Michelle miró a Sean y luego la cara suplicante de Gabriel.

—No tenemos mucho tiempo, Michelle. Ya has visto que Quarry ha entrado furioso.

Gatearon sobre varias rocas más y corrieron hacia la entrada de la mina. La puerta no representó ningún problema porque Quarry no se había molestado en cerrarla.

Entraron rápidamente, con las pistolas y las linternas listas.

En unos instantes se perdieron en la oscuridad.

—¡Daryl! —gritó Quarry—. ¡Daryl!

Su hijo surgió de las sombras.

—¿Qué pasa?

Quarry apenas podía hablar. Apenas podía pensar.

Agarró a su hijo del hombro con su mano enorme.

—Ha llamado Carlos. No ha funcionado. Han podido salir.
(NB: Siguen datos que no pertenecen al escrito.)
-- ===== src/Prelude/Runs.antt =====
-- Recursion on fuel that may also fail: `none` means that the fuel ran out.
use mathlib.Core.Logic.{◌≢◌}
use mathlib.Core.Path.{◌≡◌, refl}
use mathlib.Core.Option.{Option, none, some}
use nivasa.Prelude.Errors.{Result, ok, err}

abbrev pub Run {ℓ κ} : Type ℓ → Type κ → Type (ℓ ⊔ κ)
Run E A = Option (Result E A)

abbrev pub and_run {ℓ κ μ} :
    {E : Type ℓ} {A : Type κ} {B : Type μ} → Run E A → (A → Run E B) → Run E B
and_run none f = none
and_run (some (err e)) f = some (err e)
and_run (some (ok a)) f = f a

abbrev pub done {ℓ κ} : {E : Type ℓ} {A : Type κ} → A → Run E A
done a = some (ok a)

abbrev pub fail {ℓ κ} : {E : Type ℓ} {A : Type κ} → E → Run E A
fail e = some (err e)

pub and_run-eq-done {ℓ κ μ} :
    {E : Type ℓ} {A : Type κ} {B : Type μ} (m : Run E A) (f : A → Run E B) {b : B}
    → and_run m f ≡ done b
    → (a : A) × (m ≡ done a) × (f a ≡ done b)
and_run-eq-done none f h = cc
and_run-eq-done (some (err e)) f h = cc
and_run-eq-done (some (ok a)) f h = (a, refl, h)

-- A run that has an answer has one after the next step.
pub and_run-ne-none {ℓ κ μ} :
    {E : Type ℓ} {A : Type κ} {B : Type μ} (m : Run E A) (f : A → Run E B)
    → m ≢ none
    → ((a : A) → m ≡ done a → f a ≢ none)
    → and_run m f ≢ none
and_run-ne-none none f h k = absurd (h refl)
and_run-ne-none (some (err e)) f h k = λ g. cc
and_run-ne-none (some (ok a)) f h k = k a refl
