-- ===== src/Prelude/Orders.antt =====
-- `sort_by`, a stable sort, as insertion from the right, with the order and membership lemmas.
use Prim.Native.Nat.{Ordering}
use mathlib.Core.Path.{◌≡◌, refl}
use mathlib.Core.List.Perm
use mathlib.Core.List.{List, [], ◌∷◌, Perm}
use nivasa.Prelude.Lists.{All}

-- The comparison says "less" or "equal".
abbrev pub Below : Ordering → Type 0
Below Ordering.gt = ⊥
Below _ = Unit

module _ {ℓ} {A : Type ℓ} (cmp : A → A → Ordering) where
  -- `x` stands before the elements that it does not exceed, so equal elements keep their order.
  unfoldable pub insert_by : A → List A → List A
  insert_by x [] = x ∷ []
  insert_by x (y ∷ ys) = elim (cmp x y) [
    | Ordering.gt ↦ y ∷ insert_by x ys
    | Ordering.lt ↦ x ∷ y ∷ ys
    | Ordering.eq ↦ x ∷ y ∷ ys
  ]

  unfoldable pub sort_by : List A → List A
  sort_by [] = []
  sort_by (x ∷ xs) = insert_by x (sort_by xs)

  -- No element stands before one that it exceeds.
  abbrev pub IsSortedBy : List A → Type ℓ
  IsSortedBy [] = Unit
  IsSortedBy (x ∷ xs) = All (λ y. Below (cmp x y)) xs × IsSortedBy xs

  pub insert_by-perm : (x : A) (ys : List A) → Perm (insert_by x ys) (x ∷ ys)
  unfolding insert_by
  insert_by-perm x [] = Perm.rfl
  insert_by-perm x (y ∷ ys) = go (cmp x y) (insert_by-perm x ys)
    where
      go :
          (o : Ordering)
          → Perm (insert_by x ys) (x ∷ ys)
          → Perm
              (elim o [
                | Ordering.gt ↦ y ∷ insert_by x ys
                | Ordering.lt ↦ x ∷ y ∷ ys
                | Ordering.eq ↦ x ∷ y ∷ ys
              ])
              (x ∷ y ∷ ys)
      go Ordering.gt ih = Perm.trans (Perm.cons y ih) (Perm.swap x y ys)
      go Ordering.lt ih = Perm.rfl
      go Ordering.eq ih = Perm.rfl

  -- A stable sort rearranges.
  pub sort_by-perm : (xs : List A) → Perm (sort_by xs) xs
  unfolding sort_by
  sort_by-perm [] = Perm.rfl
  sort_by-perm (x ∷ xs) = Perm.trans (insert_by-perm x (sort_by xs)) (Perm.cons x (sort_by-perm xs))

-- A comparison is a total preorder.
pub record IsPreorder {ℓ} {A : Type ℓ} (cmp : A → A → Ordering) : Type ℓ where
  pub total : (x y : A) → cmp x y ≡ Ordering.gt → Below (cmp y x)
  pub trans : (x y z : A) → Below (cmp x y) → Below (cmp y z) → Below (cmp x z)

module _ {ℓ κ} {A : Type ℓ} (cmp : A → A → Ordering) (P : A → Type κ) where
  insert_by-All : (x : A) (ys : List A) → P x → All P ys → All P (insert_by cmp x ys)
  unfolding insert_by
  insert_by-All x [] p h = (p, tt)
  insert_by-All x (y ∷ ys) p (q, h) = go (cmp x y) (insert_by-All x ys p h)
    where
      go :
          (o : Ordering)
          → All P (insert_by cmp x ys)
          → All P (elim o [
            | Ordering.gt ↦ y ∷ insert_by cmp x ys
            | Ordering.lt ↦ x ∷ y ∷ ys
            | Ordering.eq ↦ x ∷ y ∷ ys
          ])
      go Ordering.gt ih = (q, ih)
      go Ordering.lt ih = (p, (q, h))
      go Ordering.eq ih = (p, (q, h))

module _ {ℓ} {A : Type ℓ} {cmp : A → A → Ordering} (order : IsPreorder cmp) where
  insert_by-IsSortedBy :
      (x : A) (ys : List A) → IsSortedBy cmp ys → IsSortedBy cmp (insert_by cmp x ys)
  unfolding insert_by
  insert_by-IsSortedBy x [] h = (tt, tt)
  insert_by-IsSortedBy x (y ∷ ys) (h, hs) = go (cmp x y) refl (insert_by-IsSortedBy x ys hs)
    where
      above :
          (zs : List A)
          → Below (cmp x y)
          → All (λ z. Below (cmp y z)) zs
          → All (λ z. Below (cmp x z)) zs
      above [] b k = tt
      above (z ∷ zs) b (k, ks) = (order.trans x y z b k, above zs b ks)

      front : Below (cmp x y) → IsSortedBy cmp (x ∷ y ∷ ys)
      front b = ((b, above ys b h), (h, hs))

      go :
          (o : Ordering)
          → cmp x y ≡ o
          → IsSortedBy cmp (insert_by cmp x ys)
          → IsSortedBy cmp (elim o [
            | Ordering.gt ↦ y ∷ insert_by cmp x ys
            | Ordering.lt ↦ x ∷ y ∷ ys
            | Ordering.eq ↦ x ∷ y ∷ ys
          ])
      go Ordering.gt e ih =
          (insert_by-All cmp (λ z. Below (cmp y z)) x ys (order.total x y e) h, ih)
      go Ordering.lt e ih = front (rw e tt)
      go Ordering.eq e ih = front (rw e tt)

  -- A stable sort by a total preorder yields a sorted list.
  pub sort_by-IsSortedBy : (xs : List A) → IsSortedBy cmp (sort_by cmp xs)
  unfolding sort_by
  sort_by-IsSortedBy [] = tt
  sort_by-IsSortedBy (x ∷ xs) = insert_by-IsSortedBy x (sort_by cmp xs) (sort_by-IsSortedBy xs)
—¡Mierda! ¡Estamos jodidos!

—Mascarillas de oxígeno —masculló Quarry.

Daryl miró enfurecido a su padre.

—¿Y ahora qué vamos a hacer, viejo?

Quarry dio media vuelta y corrió por la galería. Daryl avanzó penosamente tras él. Quarry sacó la llave de la habitación de Willa y abrió la puerta violentamente.

Con solo atisbar su expresión rabiosa, Diane Wohl retrocedió tambaleante.

—No, por favor. No. ¡Por favor! —chilló.

Willa parecía confusa.

—¿Qué sucede?

—¡No nos mate! —gritó Diane.

Willa se levantó de golpe y empezó a retroceder. Quarry y Daryl avanzaron hacia ellas.

Quarry jadeaba.

—Están vivos. ¡Están vivos, maldita sea!

—¿Quién está vivo? —gritó Willa.

Quarry apartó de un golpe la mesa, arrojó las sillas a la otra punta de la habitación. Willa corrió junto a Diane, que se había acurrucado en el rincón.

Ambas chillaron cuando Quarry las agarró y empezó a arrastrarlas hacia la puerta.

—¡Vamos! —aulló—. ¡Daryl!

Daryl sujetó a Willa y la alzó en volandas.

—Por favor, señor Sam, por favor. —La niña lloraba tanto que apenas podía hablar.

Diane se había quedado tan desmadejada que Quarry acabó arrastrándola por el suelo. Cuando salieron al túnel, se detuvo y aguzó el oído. La mujer seguía gritando.

—Cállese. Cállese ya.

Ella no obedeció.

Quarry se sacó la pistola del cinto y se la puso en la sien.

—Ya —dijo con firmeza.

Diane enmudeció.

Willa estaba en brazos de Daryl. Cuando Quarry levantó la vista, advirtió que la niña lo miraba fijamente. A él y a la pistola.

—¿Has oído, Daryl? —dijo Quarry de pronto.

—¿Qué?

—Eso.

Un ruido de pasos reverberaba en las paredes de la mina.

—Es la policía —dijo Quarry—. Están aquí. Seguramente un ejército entero.

Daryl miró fríamente a su padre.

—¿Y qué quieres hacer ahora?

—Luchar. Llevarnos al infierno a todos los que podamos.

—Entonces voy a buscar armas.

Daryl le entregó la niña. Antes de que su hijo se alejara corriendo por una galería lateral, Quarry lo agarró del brazo.

—Trae el detonador.

Daryl sonrió con malicia.

—Nos los vamos a cargar, papá.

—Tú tráelo. Pero dámelo a mí.

—Todavía dando órdenes, ¿eh? No saldremos vivos de aquí. Como el viejo Kurt. Solo quedará un montón de huesos.

—¿Qué está diciendo? —gritó Willa.

—¡Anda, rápido! —le espetó Quarry.

—Ya voy, sí. Y volveré. Pero a mi manera, viejo. Solo por esta vez. Esta última vez. A mi manera.

—Daryl…

Pero su hijo ya se había desvanecido en la oscuridad.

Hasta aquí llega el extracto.